[Dataset items]
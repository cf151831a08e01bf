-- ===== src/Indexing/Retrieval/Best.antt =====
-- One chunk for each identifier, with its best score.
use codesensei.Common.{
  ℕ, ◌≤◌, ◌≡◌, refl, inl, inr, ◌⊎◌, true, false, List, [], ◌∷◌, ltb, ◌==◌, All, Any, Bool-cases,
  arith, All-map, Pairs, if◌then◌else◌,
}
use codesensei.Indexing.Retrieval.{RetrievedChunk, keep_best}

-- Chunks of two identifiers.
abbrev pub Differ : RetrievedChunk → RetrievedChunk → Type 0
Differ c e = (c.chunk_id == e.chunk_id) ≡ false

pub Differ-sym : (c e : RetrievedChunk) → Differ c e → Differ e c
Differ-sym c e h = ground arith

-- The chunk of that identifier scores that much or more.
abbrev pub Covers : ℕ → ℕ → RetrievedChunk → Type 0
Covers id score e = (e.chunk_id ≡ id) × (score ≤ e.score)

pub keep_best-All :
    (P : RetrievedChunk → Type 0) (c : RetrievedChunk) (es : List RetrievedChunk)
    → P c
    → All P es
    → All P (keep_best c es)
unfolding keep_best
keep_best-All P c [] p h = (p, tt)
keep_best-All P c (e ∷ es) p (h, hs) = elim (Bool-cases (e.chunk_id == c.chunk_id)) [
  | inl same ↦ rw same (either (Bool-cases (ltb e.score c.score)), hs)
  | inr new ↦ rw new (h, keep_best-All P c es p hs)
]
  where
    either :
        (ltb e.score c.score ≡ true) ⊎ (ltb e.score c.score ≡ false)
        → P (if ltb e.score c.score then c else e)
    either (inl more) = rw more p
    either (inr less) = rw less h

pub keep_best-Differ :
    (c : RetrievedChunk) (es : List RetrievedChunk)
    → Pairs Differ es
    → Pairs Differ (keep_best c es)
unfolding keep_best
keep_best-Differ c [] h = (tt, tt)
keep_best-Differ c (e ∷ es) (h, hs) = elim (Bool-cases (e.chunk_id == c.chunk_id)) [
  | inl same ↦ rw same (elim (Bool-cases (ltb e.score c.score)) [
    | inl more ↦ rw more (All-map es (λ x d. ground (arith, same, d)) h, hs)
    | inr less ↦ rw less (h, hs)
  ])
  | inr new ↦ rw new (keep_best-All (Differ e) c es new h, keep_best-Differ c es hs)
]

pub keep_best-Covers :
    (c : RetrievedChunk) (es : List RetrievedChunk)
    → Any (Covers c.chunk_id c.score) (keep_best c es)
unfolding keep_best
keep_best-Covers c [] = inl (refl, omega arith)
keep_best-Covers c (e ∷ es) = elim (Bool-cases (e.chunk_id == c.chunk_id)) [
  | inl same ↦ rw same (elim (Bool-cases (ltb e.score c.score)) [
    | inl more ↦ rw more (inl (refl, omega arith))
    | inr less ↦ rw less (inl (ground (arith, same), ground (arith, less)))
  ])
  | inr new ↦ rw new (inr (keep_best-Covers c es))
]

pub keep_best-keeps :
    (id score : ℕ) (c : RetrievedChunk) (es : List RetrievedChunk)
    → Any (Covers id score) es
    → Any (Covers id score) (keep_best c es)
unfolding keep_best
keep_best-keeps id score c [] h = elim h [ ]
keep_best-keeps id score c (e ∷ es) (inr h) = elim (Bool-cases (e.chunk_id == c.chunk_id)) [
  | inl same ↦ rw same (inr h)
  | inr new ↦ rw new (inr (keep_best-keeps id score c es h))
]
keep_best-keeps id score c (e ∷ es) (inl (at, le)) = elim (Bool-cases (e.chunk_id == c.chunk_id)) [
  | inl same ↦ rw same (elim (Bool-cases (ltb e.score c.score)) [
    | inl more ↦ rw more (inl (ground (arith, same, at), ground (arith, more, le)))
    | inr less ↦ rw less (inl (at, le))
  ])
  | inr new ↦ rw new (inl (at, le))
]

--

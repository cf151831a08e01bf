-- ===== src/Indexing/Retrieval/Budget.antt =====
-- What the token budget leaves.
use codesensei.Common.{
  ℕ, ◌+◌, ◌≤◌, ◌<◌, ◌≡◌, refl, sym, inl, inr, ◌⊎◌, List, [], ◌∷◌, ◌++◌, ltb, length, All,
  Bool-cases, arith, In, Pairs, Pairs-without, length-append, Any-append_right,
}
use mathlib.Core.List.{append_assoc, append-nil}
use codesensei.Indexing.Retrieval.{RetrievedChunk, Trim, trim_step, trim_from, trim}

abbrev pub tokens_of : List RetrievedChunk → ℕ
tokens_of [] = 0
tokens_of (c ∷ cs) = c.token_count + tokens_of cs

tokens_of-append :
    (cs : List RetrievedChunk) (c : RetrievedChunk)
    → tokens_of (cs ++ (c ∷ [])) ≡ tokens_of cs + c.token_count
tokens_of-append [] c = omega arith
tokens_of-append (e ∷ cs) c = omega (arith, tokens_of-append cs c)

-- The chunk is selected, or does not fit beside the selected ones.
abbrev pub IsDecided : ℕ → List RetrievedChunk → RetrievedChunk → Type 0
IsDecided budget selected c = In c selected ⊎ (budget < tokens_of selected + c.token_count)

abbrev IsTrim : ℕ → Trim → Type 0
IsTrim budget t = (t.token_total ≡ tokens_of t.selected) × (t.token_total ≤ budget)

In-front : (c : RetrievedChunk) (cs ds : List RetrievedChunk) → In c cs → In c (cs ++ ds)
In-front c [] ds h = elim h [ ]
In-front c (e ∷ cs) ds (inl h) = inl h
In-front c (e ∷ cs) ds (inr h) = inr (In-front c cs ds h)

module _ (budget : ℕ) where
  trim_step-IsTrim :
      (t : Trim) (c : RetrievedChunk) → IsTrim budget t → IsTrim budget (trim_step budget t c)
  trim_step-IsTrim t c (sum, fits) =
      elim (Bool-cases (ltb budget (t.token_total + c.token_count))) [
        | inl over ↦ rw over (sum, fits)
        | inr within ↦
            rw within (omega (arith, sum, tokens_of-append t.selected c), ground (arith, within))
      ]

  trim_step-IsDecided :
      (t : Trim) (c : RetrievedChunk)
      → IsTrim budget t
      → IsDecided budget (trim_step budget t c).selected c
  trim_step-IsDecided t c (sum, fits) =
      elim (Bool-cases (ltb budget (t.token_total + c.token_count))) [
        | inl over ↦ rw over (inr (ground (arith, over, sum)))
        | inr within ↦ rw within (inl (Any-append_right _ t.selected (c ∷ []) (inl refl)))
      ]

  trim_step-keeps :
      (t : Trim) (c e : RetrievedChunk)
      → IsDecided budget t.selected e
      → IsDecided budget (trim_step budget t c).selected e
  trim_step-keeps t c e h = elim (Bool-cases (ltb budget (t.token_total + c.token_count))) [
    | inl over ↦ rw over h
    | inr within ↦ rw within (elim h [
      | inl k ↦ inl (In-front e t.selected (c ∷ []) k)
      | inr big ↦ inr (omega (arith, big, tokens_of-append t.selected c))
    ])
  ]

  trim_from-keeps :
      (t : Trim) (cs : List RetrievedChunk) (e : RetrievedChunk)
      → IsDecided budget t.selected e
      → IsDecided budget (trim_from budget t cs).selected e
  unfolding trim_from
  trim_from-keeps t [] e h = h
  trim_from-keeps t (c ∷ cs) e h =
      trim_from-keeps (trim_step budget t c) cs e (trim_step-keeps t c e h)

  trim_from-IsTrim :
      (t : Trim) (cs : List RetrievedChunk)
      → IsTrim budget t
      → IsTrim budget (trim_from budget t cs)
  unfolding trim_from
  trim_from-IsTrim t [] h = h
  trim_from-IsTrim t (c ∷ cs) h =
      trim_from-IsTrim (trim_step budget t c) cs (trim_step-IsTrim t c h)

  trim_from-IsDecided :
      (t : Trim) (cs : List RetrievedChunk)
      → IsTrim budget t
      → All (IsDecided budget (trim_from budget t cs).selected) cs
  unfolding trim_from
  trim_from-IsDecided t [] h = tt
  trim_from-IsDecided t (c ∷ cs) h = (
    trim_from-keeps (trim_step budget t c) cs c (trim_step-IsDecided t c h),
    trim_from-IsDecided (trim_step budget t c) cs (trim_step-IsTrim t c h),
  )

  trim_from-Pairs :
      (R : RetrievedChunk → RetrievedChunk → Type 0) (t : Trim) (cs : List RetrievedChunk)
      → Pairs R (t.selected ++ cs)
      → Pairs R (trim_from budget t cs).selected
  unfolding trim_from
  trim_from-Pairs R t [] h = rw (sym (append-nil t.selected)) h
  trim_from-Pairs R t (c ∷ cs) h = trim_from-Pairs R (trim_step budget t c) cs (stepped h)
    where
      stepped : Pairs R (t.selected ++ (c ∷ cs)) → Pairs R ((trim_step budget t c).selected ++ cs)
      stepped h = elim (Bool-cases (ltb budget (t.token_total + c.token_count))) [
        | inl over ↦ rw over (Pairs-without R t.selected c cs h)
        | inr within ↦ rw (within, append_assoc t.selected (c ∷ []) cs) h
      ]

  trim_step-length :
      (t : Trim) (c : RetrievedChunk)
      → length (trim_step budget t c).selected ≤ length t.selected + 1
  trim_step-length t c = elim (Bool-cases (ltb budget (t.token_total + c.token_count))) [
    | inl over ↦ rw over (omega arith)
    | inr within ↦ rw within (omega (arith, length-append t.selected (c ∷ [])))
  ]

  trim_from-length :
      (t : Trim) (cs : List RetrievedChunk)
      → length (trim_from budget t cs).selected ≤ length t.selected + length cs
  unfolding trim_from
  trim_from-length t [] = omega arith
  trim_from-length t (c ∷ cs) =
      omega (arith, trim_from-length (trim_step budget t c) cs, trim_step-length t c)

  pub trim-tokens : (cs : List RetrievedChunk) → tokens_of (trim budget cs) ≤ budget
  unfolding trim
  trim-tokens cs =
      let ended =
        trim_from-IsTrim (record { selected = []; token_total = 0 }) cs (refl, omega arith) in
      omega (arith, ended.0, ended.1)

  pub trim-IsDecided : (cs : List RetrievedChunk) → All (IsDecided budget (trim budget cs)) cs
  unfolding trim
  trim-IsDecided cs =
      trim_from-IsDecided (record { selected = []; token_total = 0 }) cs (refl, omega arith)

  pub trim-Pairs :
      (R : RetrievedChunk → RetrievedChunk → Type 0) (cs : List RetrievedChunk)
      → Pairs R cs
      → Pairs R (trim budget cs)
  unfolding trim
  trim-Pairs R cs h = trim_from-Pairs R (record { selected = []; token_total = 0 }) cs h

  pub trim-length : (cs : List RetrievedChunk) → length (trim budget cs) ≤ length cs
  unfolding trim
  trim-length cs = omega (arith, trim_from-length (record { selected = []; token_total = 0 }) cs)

---

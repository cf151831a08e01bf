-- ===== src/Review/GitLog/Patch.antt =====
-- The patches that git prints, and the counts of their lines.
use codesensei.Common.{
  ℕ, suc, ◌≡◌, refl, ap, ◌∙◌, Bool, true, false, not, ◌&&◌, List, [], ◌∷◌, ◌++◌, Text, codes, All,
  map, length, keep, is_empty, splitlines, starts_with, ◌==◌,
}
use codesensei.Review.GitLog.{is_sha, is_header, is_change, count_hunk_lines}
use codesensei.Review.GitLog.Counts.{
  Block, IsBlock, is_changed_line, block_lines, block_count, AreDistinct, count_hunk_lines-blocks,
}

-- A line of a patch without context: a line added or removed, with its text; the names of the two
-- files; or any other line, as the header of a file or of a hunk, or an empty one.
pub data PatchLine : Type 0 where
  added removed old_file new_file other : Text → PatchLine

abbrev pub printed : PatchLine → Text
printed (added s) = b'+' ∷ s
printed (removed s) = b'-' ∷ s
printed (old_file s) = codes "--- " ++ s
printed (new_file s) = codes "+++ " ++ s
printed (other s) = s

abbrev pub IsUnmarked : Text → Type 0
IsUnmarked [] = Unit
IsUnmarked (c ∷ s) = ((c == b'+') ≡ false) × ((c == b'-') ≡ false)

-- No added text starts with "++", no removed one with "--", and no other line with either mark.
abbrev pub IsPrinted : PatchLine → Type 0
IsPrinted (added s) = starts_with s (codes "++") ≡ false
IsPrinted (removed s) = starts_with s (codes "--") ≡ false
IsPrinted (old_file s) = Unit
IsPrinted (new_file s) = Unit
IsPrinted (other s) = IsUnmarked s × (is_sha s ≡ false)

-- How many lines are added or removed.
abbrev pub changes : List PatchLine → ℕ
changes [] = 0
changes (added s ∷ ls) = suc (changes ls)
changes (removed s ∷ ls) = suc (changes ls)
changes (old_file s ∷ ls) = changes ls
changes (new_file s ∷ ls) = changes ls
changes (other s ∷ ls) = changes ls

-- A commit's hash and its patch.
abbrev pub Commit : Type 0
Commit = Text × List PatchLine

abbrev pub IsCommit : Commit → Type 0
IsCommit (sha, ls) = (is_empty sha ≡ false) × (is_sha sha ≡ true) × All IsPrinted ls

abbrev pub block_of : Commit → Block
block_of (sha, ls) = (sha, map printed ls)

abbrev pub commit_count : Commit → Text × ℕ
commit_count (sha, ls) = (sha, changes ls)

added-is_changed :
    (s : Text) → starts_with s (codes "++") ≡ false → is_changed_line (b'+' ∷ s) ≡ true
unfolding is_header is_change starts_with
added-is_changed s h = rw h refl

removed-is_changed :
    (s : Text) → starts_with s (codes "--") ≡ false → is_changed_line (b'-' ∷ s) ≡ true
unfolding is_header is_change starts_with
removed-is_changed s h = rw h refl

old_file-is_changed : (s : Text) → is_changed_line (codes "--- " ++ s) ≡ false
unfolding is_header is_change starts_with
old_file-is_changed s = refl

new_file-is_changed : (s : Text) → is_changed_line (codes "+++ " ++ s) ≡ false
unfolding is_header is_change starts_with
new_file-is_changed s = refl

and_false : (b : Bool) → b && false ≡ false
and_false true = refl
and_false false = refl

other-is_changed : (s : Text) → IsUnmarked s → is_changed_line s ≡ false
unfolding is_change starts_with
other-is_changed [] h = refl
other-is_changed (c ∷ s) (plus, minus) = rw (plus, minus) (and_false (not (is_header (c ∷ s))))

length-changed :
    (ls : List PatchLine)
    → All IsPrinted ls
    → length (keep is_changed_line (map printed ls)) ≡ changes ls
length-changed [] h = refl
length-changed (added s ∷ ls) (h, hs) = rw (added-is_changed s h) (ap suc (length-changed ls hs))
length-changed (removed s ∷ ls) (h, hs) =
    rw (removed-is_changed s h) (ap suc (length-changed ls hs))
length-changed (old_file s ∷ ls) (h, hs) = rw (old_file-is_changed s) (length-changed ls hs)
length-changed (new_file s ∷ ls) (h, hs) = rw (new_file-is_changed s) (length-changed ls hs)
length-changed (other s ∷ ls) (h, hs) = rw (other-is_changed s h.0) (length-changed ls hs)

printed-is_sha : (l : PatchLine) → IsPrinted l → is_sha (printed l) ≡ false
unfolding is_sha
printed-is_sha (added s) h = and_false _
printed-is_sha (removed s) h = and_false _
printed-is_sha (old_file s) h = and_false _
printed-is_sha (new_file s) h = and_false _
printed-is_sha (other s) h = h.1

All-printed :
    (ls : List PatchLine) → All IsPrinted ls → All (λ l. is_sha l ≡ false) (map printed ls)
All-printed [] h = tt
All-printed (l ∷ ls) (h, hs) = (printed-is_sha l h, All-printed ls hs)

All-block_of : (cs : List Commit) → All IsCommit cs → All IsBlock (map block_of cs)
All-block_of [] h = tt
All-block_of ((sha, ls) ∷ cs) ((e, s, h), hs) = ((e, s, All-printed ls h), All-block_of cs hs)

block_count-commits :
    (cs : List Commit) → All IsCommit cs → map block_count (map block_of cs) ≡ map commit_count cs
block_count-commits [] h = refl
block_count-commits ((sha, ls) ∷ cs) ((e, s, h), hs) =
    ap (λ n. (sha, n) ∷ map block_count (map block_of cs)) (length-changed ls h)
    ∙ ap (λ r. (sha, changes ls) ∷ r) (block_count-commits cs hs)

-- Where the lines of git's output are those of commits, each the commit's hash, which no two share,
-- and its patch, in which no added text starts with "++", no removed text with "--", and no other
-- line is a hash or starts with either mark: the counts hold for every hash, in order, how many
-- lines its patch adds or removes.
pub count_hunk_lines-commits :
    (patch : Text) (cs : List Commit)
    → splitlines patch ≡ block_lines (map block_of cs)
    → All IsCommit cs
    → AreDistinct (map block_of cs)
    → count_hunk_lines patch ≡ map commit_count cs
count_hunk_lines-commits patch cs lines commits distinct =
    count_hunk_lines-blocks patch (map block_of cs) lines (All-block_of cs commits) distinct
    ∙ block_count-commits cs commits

What to work on
For the lines above, output exactly those from the line containing "other-is_changed [] h = refl" through the line containing "length-changed [] h = refl", and skip the others.

Exercise output
other-is_changed [] h = refl
other-is_changed (c ∷ s) (plus, minus) = rw (plus, minus) (and_false (not (is_header (c ∷ s))))

length-changed :
    (ls : List PatchLine)
    → All IsPrinted ls
    → length (keep is_changed_line (map printed ls)) ≡ changes ls
length-changed [] h = refl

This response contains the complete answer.